- ASSIGNMENT -
Copy out, unchanged, every line from the start of the records to the line that contains "instance abbrev pub string_eq", and stop there.

- PROVIDED ENTRIES -
Start of Block
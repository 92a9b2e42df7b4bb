-- ===== src/Prelude/Equality.antt =====
-- Go's `==` on the key types of the program's maps, as a Boolean test that decides equality. Go
-- calls the types with such a test comparable.
use Prim.Native.String.{String}
use mathlib.Core.Path.{◌≡◌}
use mathlib.Core.Logic.{◌↔◌}
use mathlib.Core.Bool.{Bool, true, ◌&&◌}
use native.Mathlib.Omega.{arith}
use text.Mathlib.Text
use text.Mathlib.TextEquality.{eq_iff}

-- A key type: the test that Go's map makes on two keys, and that it holds of equal keys only.
pub record Comparable (K : Type 0) : Type 0 where
  pub same : K → K → Bool
  pub same_iff : (j k : K) → (same j k ≡ true) ↔ (j ≡ k)

infix 50 ◌==◌
abbrev pub ◌==◌ : {K : Type 0} ⦃keys : Comparable K⦄ → K → K → Bool
◌==◌ ⦃keys⦄ j k = keys.same j k

instance abbrev pub string_eq : Comparable String
string_eq = record { same_iff = eq_iff; same = λ s t. Text.◌==◌ s t }

-- A struct of two comparable fields is compared field by field.
module _ {J K : Type 0} ⦃first : Comparable J⦄ ⦃second : Comparable K⦄ where
  abbrev pub pair_eqb : J × K → J × K → Bool
  pair_eqb p q = (p.0 == q.0) && (p.1 == q.1)

  pub pair_eqb_iff : (p q : J × K) → (pair_eqb p q ≡ true) ↔ (p ≡ q)
  pair_eqb_iff p q = ground (arith, first.same_iff p.0 q.0, second.same_iff p.1 q.1)

  instance abbrev pub pair_eq : Comparable (J × K)
  pair_eq = record { same_iff = pair_eqb_iff; same = pair_eqb }
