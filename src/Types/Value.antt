-- ===== src/Types/Value.antt =====
-- Go's `interface{}` values inside `map[string]interface{}`, as JSON decoding and the adapters
-- build them. `negative n` is the number -(n + 1). A float64 stands by its text: the modelled code
-- only tells it from the other kinds.
use nightjar.Prelude.{
  ℕ, String, Bool, Option, none, some, List, [], ◌∷◌, if◌then◌else◌, ◌==◌, string_eq,
}

mutual
  pub data Value : Type 0 where
    null : Value
    boolean : Bool → Value
    integer : ℕ → Value
    negative : ℕ → Value
    float : String → Value
    text : String → Value
    items : Items → Value
    object : Object → Value

  pub data Items : Type 0 where
    nil : Items
    cons : Value → Items → Items

  pub data Object : Type 0 where
    end : Object
    field : String → Value → Object → Object

-- `obj[key]`, with `ok`
unfoldable pub lookup_field : String → Object → Option Value
lookup_field key end = none
lookup_field key (field k v rest) = if k == key then some v else lookup_field key rest

unfoldable pub to_list : Items → List Value
to_list nil = []
to_list (cons v rest) = v ∷ to_list rest

-- The type assertions `v.(string)` and so on, with `ok`.
unfoldable pub as_string : Value → Option String
as_string (text s) = some s
as_string _ = none

unfoldable pub as_bool : Value → Option Bool
as_bool (boolean b) = some b
as_bool _ = none

unfoldable pub as_object : Value → Option Object
as_object (object o) = some o
as_object _ = none

unfoldable pub as_items : Value → Option Items
as_items (items l) = some l
as_items _ = none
End of Block
- TASK OUTPUT -
repository 92a9b2e42df7b4bb
-- ===== src/Prelude/Equality.antt =====
-- Go's `==` on the key types of the program's maps, as a Boolean test that decides equality. Go
-- calls the types with such a test comparable.
use Prim.Native.String.{String}
use mathlib.Core.Path.{◌≡◌}
use mathlib.Core.Logic.{◌↔◌}
use mathlib.Core.Bool.{Bool, true, ◌&&◌}
use native.Mathlib.Omega.{arith}
use text.Mathlib.Text
use text.Mathlib.TextEquality.{eq_iff}

-- A key type: the test that Go's map makes on two keys, and that it holds of equal keys only.
pub record Comparable (K : Type 0) : Type 0 where
  pub same : K → K → Bool
  pub same_iff : (j k : K) → (same j k ≡ true) ↔ (j ≡ k)

infix 50 ◌==◌
abbrev pub ◌==◌ : {K : Type 0} ⦃keys : Comparable K⦄ → K → K → Bool
◌==◌ ⦃keys⦄ j k = keys.same j k

instance abbrev pub string_eq : Comparable String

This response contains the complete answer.